Jay stared at her. Their voice was quiet, uncertain. “But it’s not gonna be like... romantic, right?”
Linda’s head snapped up. “No! I mean—I don’t know.” She immediately flushed. “It’s not like I planned any of this.”
Jay looked mortified. “Okay good. Cool. Yeah. Because that would be... insane. Obviously. Like... insane in a bad way. Like soap opera insane.”

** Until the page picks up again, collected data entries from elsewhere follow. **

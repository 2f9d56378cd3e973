-- ===== src/Sdk/MemStore.antt =====
-- `MemStore` of crates/kernel/sdk-testkit/src/lib.rs, the in-memory `MerkleStore`, and `encode_pairs` of
-- crates/kernel/sdk/src/hash.rs, the preimage of its root. SHA-256 is a parameter.
pub mod Law
use ducktape_sdk.Prelude.{ℕ, Option, none, some, List, [], ◌∷◌, ◌++◌, length}
use ducktape_sdk.Bytes.{to_le_bytes}
use ducktape_sdk.Bytes.Order.{bytes_order}
use ducktape_sdk.Parser.{Result, ok, err}
use ducktape_sdk.BTree as btree
use ducktape_sdk.BTree.{BTreeMap}
use ducktape_sdk.Sdk.Codec.{Error, push_bytes}
use ducktape_sdk.Sdk.MerkleStore.{MerkleStore, Writes}

abbrev pub MemStore : Type 0
MemStore = BTreeMap (List ℕ) (List ℕ)

unfoldable pub get : MemStore → List ℕ → Result Error (Option (List ℕ))
get map key = ok (btree.get key map)

-- One round of the loop over the writes.
unfoldable pub write : List ℕ → Option (List ℕ) → MemStore → MemStore
write key (some value) map = btree.insert key value map
write key none map = btree.remove key map

unfoldable pub write_all : MemStore → Writes → MemStore
write_all map [] = map
write_all map ((key, value) ∷ writes) = write_all (write key value map) writes

unfoldable pub commit_batch : MemStore → Writes → MemStore × Result Error (Unit {0})
commit_batch map writes = (write_all map writes, ok tt)

unfoldable pub encode_entries : MemStore → List ℕ
encode_entries [] = []
encode_entries ((key, value) ∷ map) = push_bytes key ++ push_bytes value ++ encode_entries map

unfoldable pub encode_pairs : MemStore → List ℕ
encode_pairs map = to_le_bytes 8 (length map) ++ encode_entries map

module _ (sha256 : List ℕ → List ℕ) where
  unfoldable pub root : MemStore → List ℕ
  root map = sha256 (encode_pairs map)

  -- The trait's default `prefetch` and `get_committed`, and the methods above.
  unfoldable pub mem_store : MerkleStore MemStore
  mem_store = record {
    get = get;
    prefetch = λ map keys. ok tt;
    get_committed = get;
    commit_batch = commit_batch;
    root = root;
  }
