-- ===== src/Sdk/MemStore/Law.antt =====
-- `MemStore` against the documented promises of a `MerkleStore`.
use ducktape_sdk.Prelude.{
  ℕ, ◌≡◌, refl, sym, ap, subst, ◌∙◌, false, Option, none, some, List, [], ◌∷◌, if◌then◌else◌, inl,
  inr, Bool-cases,
}
use ducktape_sdk.Bytes.Order.{
  bytes_order, bytes_eq, bytes_eq_self, bytes_eq→eq, bytes_lt, bytes_lt_total,
}
use ducktape_sdk.Parser.{ok}
use ducktape_sdk.BTree as btree
use ducktape_sdk.BTree.{BTreeMap, IsAscending}
use ducktape_sdk.BTree.Lookup.{
  get-remove_same, get-remove_below, get-remove_above, insert-IsAscending, remove-IsAscending,
}
use ducktape_sdk.Sdk.MerkleStore.{Durable, Writes, after}
use ducktape_sdk.Sdk.StagedStore.Reads.{get-insert, true_ne_false}
use ducktape_sdk.Sdk.MemStore.{MemStore, get, write, write_all, commit_batch, mem_store}

get-remove :
    (key k : List ℕ) (m : MemStore)
    → IsAscending m
    → btree.get key (btree.remove k m) ≡ (if bytes_eq k key then none else btree.get key m)
get-remove key k m a = elim (Bool-cases (bytes_eq k key)) [
  | inl same ↦ rw (same) (
      subst (λ z. btree.get z (btree.remove k m) ≡ none) (bytes_eq→eq k key same)
        (get-remove_same k m a))
  | inr other ↦ rw (other) (elim (Bool-cases (bytes_lt k key)) [
    | inl below ↦ get-remove_above key k m below
    | inr b ↦ elim (Bool-cases (bytes_lt key k)) [
      | inl above ↦ get-remove_below key k m a above
      | inr c ↦
          let e : bytes_eq key key ≡ false =
            subst (λ z. bytes_eq z key ≡ false) (bytes_lt_total k key b c) other in
          absurd (true_ne_false (sym (bytes_eq_self key) ∙ e))
    ]
  ])
]

get-write :
    (key k : List ℕ) (v : Option (List ℕ)) (m : MemStore)
    → IsAscending m
    → get (write k v m) key ≡ (if bytes_eq k key then ok v else get m key)
unfolding get write
get-write key k (some v) m a =
    ap ok (get-insert key k v m)
    ∙ (elim (Bool-cases (bytes_eq k key)) [ inl h ↦ rw (h) | inr h ↦ rw (h) ])
get-write key k none m a =
    ap ok (get-remove key k m a)
    ∙ (elim (Bool-cases (bytes_eq k key)) [ inl h ↦ rw (h) | inr h ↦ rw (h) ])

write-IsAscending :
    (k : List ℕ) (v : Option (List ℕ)) (m : MemStore) → IsAscending m → IsAscending (write k v m)
unfolding write
write-IsAscending k (some v) m a = insert-IsAscending k v m a
write-IsAscending k none m a = remove-IsAscending k m a

get-write_all :
    (key : List ℕ) (writes : Writes) (m : MemStore)
    → IsAscending m
    → get (write_all m writes) key ≡ after writes key (get m key)
unfolding write_all after
get-write_all key [] m a = refl
get-write_all key ((k, v) ∷ writes) m a =
    get-write_all key writes (write k v m) (write-IsAscending k v m a)
    ∙ ap (after writes key) (get-write key k v m a)

-- `MemStore` keeps the documented promises of a durable store, on the maps that ascend.
pub mem_store-Durable :
    (sha256 : List ℕ → List ℕ) → Durable (mem_store sha256) (λ map. IsAscending map)
unfolding mem_store commit_batch
mem_store-Durable sha256 = record {
  reads_committed = λ map key. refl;
  applies = λ map writes key a. get-write_all key writes map a;
}
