-- ===== src/Sdk/StagedStore/Commit.antt =====
-- What `commit` does to the reads of a durable store.
use ducktape_sdk.Prelude.{
  ℕ, ◌≡◌, refl, sym, ap, subst, ◌∙◌, Bool, true, false, Option, none, some, List, [], ◌∷◌, All,
  if◌then◌else◌, inl, inr, Bool-cases,
}
use ducktape_sdk.Bytes.Order.{
  bytes_order, bytes_eq, bytes_eq_self, bytes_eq→eq, bytes_lt, bytes_lt_irrefl, bytes_lt_total,
}
use ducktape_sdk.Sdk.Codec.{Error}
use ducktape_sdk.Parser.{Result, ok, err}
use ducktape_sdk.BTree as btree
use ducktape_sdk.BTree.{BTreeMap, Above, IsAscending}
use ducktape_sdk.BTree.Lookup.{Above-trans}
use ducktape_sdk.Sdk.MerkleStore.{MerkleStore, Durable, Applied, after}
use ducktape_sdk.Sdk.StagedStore.{
  Pending, StagedStore, is_empty, hashed, get, get_committed, committed, commit,
}

-- The hash tells `key` apart from the other keys of the overlay.
abbrev pub Separates : (List ℕ → List ℕ) → List ℕ → Pending → Type 0
Separates store_key key = All (λ e. bytes_eq (store_key e.0) (store_key key) ≡ bytes_eq e.0 key)

-- A read of the overlay, over the committed answer.
abbrev overlaid :
    Result Error (Option (List ℕ)) → Option (Option (List ℕ)) → Result Error (Option (List ℕ))
overlaid before none = before
overlaid before (some staged) = ok staged

true_ne_false : ¬ (true ≡ false)
true_ne_false h = cc

bytes_lt-ne : (a b : List ℕ) → bytes_lt a b ≡ true → bytes_eq b a ≡ false
bytes_lt-ne a b h = elim (Bool-cases (bytes_eq b a)) [
  | inr ne ↦ ne
  | inl e ↦
      let e2 : bytes_lt b b ≡ true = subst (λ z. bytes_lt z b ≡ true) (sym (bytes_eq→eq b a e)) h in
      absurd (true_ne_false (sym e2 ∙ bytes_lt_irrefl b))
]

-- The three ways that a lookup meets an entry.
module _ (key k : List ℕ) (v : Option (List ℕ)) (pending : Pending) where
  get-same :
      bytes_lt key k ≡ false → bytes_lt k key ≡ false → btree.get key ((k, v) ∷ pending) ≡ some v
  unfolding btree.get
  get-same a b = rw (a, b)

  get-below : bytes_lt key k ≡ true → btree.get key ((k, v) ∷ pending) ≡ none
  unfolding btree.get
  get-below a = rw (a)

  get-above :
      bytes_lt key k ≡ false
      → bytes_lt k key ≡ true
      → btree.get key ((k, v) ∷ pending) ≡ btree.get key pending
  unfolding btree.get
  get-above a b = rw (a, b)

module _ (store_key : List ℕ → List ℕ) where
  after-cons :
      (key k : List ℕ) (v : Option (List ℕ)) (pending : Pending)
      (before : Result Error (Option (List ℕ))) (b : Bool)
      → bytes_eq (store_key k) key ≡ b
      → after (hashed store_key ((k, v) ∷ pending)) key before
        ≡ after (hashed store_key pending) key (if b then ok v else before)
  unfolding hashed after
  after-cons key k v pending before b e =
      ap (λ z. after (hashed store_key pending) key (if z then ok v else before)) e

  after_other :
      (key : List ℕ) (pending : Pending) (before : Result Error (Option (List ℕ)))
      → Above key pending
      → Separates store_key key pending
      → after (hashed store_key pending) (store_key key) before ≡ before
  unfolding hashed after
  after_other key [] before above sep = refl
  after_other key ((k, v) ∷ pending) before (lt, above) (p, sep) =
      after-cons (store_key key) k v pending before false (p ∙ bytes_lt-ne key k lt)
      ∙ after_other key pending before above sep

  empty_case :
      (key : List ℕ) (before : Result Error (Option (List ℕ)))
      → after (hashed store_key []) (store_key key) before
        ≡ overlaid before (btree.get {V = Option (List ℕ)} key [])
  unfolding hashed after btree.get
  empty_case key before = refl

  after-hashed :
      (key : List ℕ) (pending : Pending) (before : Result Error (Option (List ℕ)))
      → IsAscending pending
      → Separates store_key key pending
      → after (hashed store_key pending) (store_key key) before
        ≡ overlaid before (btree.get key pending)
  after-hashed key [] before a sep = empty_case key before
  after-hashed key ((k, v) ∷ pending) before (above, a) (p, sep) =
      elim (Bool-cases (bytes_eq k key)) [
        | inl same ↦
            let e = bytes_eq→eq k key same in
            after-cons (store_key key) k v pending before true (p ∙ same)
            ∙ after_other key pending (ok v) (subst (λ z. Above z pending) e above) sep
            ∙ ap (overlaid before) (
                sym (
                  get-same key k v pending (subst (λ z. bytes_lt z k ≡ false) e (bytes_lt_irrefl k))
                    (subst (λ z. bytes_lt k z ≡ false) e (bytes_lt_irrefl k))))
        | inr other ↦
            after-cons (store_key key) k v pending before false (p ∙ other)
            ∙ (elim (Bool-cases (bytes_lt key k)) [
              | inl below ↦
                  after_other key pending before (Above-trans key k pending below above) sep
                  ∙ ap (overlaid before) (sym (get-below key k v pending below))
              | inr b ↦ elim (Bool-cases (bytes_lt k key)) [
                | inl l ↦
                    after-hashed key pending before a sep
                    ∙ ap (overlaid before) (sym (get-above key k v pending b l))
                | inr c ↦
                    let e = bytes_lt_total k key c b in
                    absurd (
                      true_ne_false
                        (sym (bytes_eq_self k) ∙ subst (λ z. bytes_eq k z ≡ false) (sym e) other))
              ]
            ])
      ]

module _ {S : Type 0} ⦃merkle : MerkleStore S⦄ (store_key : List ℕ → List ℕ) where
  -- A commit that succeeds empties the overlay, and from then on both kinds of read answer what a read
  -- through the overlay answered; one that fails keeps the overlay.
  abbrev pub Commits : List ℕ → StagedStore S → StagedStore S × Result Error (Unit {0}) → Type 0
  Commits key s (t, err e) = t.pending ≡ s.pending
  Commits key s (t, ok u) =
      (t.pending ≡ [])
      × (get store_key key t ≡ get store_key key s)
      × (get_committed store_key key t ≡ get store_key key s)

module _ {S : Type 0} ⦃merkle : MerkleStore S⦄ (IsStore : S → Type 0)
    (store_key : List ℕ → List ℕ) where
  Commits-batch :
      (durable : Durable merkle IsStore) (key : List ℕ) (s : StagedStore S)
      → IsAscending s.pending
      → Separates store_key key s.pending
      → (result : S × Result Error (Unit {0}))
      → Applied s.store (hashed store_key s.pending) (store_key key) result
      → Commits store_key key s (committed s.pending result)
  unfolding committed get get_committed btree.get
  Commits-batch durable key s a sep (t, err e) applied = refl
  Commits-batch durable key s a sep (t, ok u) applied =
      let e = applied ∙ after-hashed store_key key s.pending _ a sep in
      (refl, e, durable.reads_committed t (store_key key) ∙ e)

  commit_cases :
      (durable : Durable merkle IsStore) (key : List ℕ) (s : StagedStore S)
      → IsAscending s.pending
      → Separates store_key key s.pending
      → (pending : Pending) → pending ≡ s.pending
      → Applied s.store
          (hashed store_key s.pending)
          (store_key key)
          (merkle.commit_batch s.store (hashed store_key s.pending))
      → Commits store_key key s (commit store_key s)
  unfolding commit is_empty get get_committed btree.get
  commit_cases durable key s a sep [] e applied =
      let r : commit store_key s ≡ (s, ok tt) =
        ap
          (λ z.
            if (elim z [ [] ↦ true | ◌∷◌ w ws ↦ false ])
            then (s, ok tt)
            else committed s.pending (merkle.commit_batch s.store (hashed store_key s.pending)))
          (sym e) in
      let g : get store_key key s ≡ merkle.get s.store (store_key key) =
        ap
          (λ z. elim (btree.get key z) [
            | some staged ↦ ok staged
            | none ↦ merkle.get s.store (store_key key)
          ])
          (sym e) in
      subst (Commits store_key key s) (sym r)
        (sym e, refl, durable.reads_committed s.store (store_key key) ∙ sym g)
  commit_cases durable key s a sep (w ∷ ws) e applied =
      let r : commit store_key s
          ≡ committed s.pending (merkle.commit_batch s.store (hashed store_key s.pending)) =
        ap
          (λ z.
            if (elim z [ [] ↦ true | ◌∷◌ w ws ↦ false ])
            then (s, ok tt)
            else committed s.pending (merkle.commit_batch s.store (hashed store_key s.pending)))
          (sym e) in
      subst (Commits store_key key s) (sym r) (Commits-batch durable key s a sep _ applied)

  -- On a durable store, a commit that succeeds empties the overlay and leaves every read through it, of
  -- a key that the hash tells apart from the staged ones, as it was, now in the committed view too; a
  -- commit that fails keeps the overlay.
  pub commit-get :
      (durable : Durable merkle IsStore) (key : List ℕ) (s : StagedStore S)
      → IsStore s.store
      → IsAscending s.pending
      → Separates store_key key s.pending
      → Commits store_key key s (commit store_key s)
  commit-get durable key s valid a sep =
      commit_cases durable key s a sep s.pending refl
        (durable.applies s.store (hashed store_key s.pending) (store_key key) valid)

Linda nodded rapidly. “Exactly. Completely unhinged.”
Another beat of silence.
Jay gave her a sideways glance. “But also... if it were... that wouldn’t be the worst—”
“Don’t,” Linda warned, holding up a hand.
Jay mimed zipping their lips.
They sat in that awkward, toe-curling silence for a long stretch of time before Linda finally murmured, “We’re not good at this.”
“Yeah,” Jay agreed. “But we’re both weirdly committed to the bit.”
“Unfortunately.”
Jay cracked a grin. “You like me.”
Linda sighed. “Not really.”
Jay made a small, strangled noise and immediately stood up, pacing the roof in circles. “Okay. Okay. This is fine. Totally normal. Just... forging a tentative magical trust pact with a Soul Rider while my emotional walls crumble like overcooked noodles. Everything’s fine.”
Linda laughed—actually laughed. “You’re so dramatic.”
“You say that like it’s a bad thing.”
“I didn’t.”
They stayed like that a while longer — pacing, sitting, watching the stars come and go behind clouds. And when Linda finally left, hours later, Jay stood on the roof until the sun crept up over the horizon.
They didn’t know what they were doing.
But for once, they weren’t entirely afraid to find out.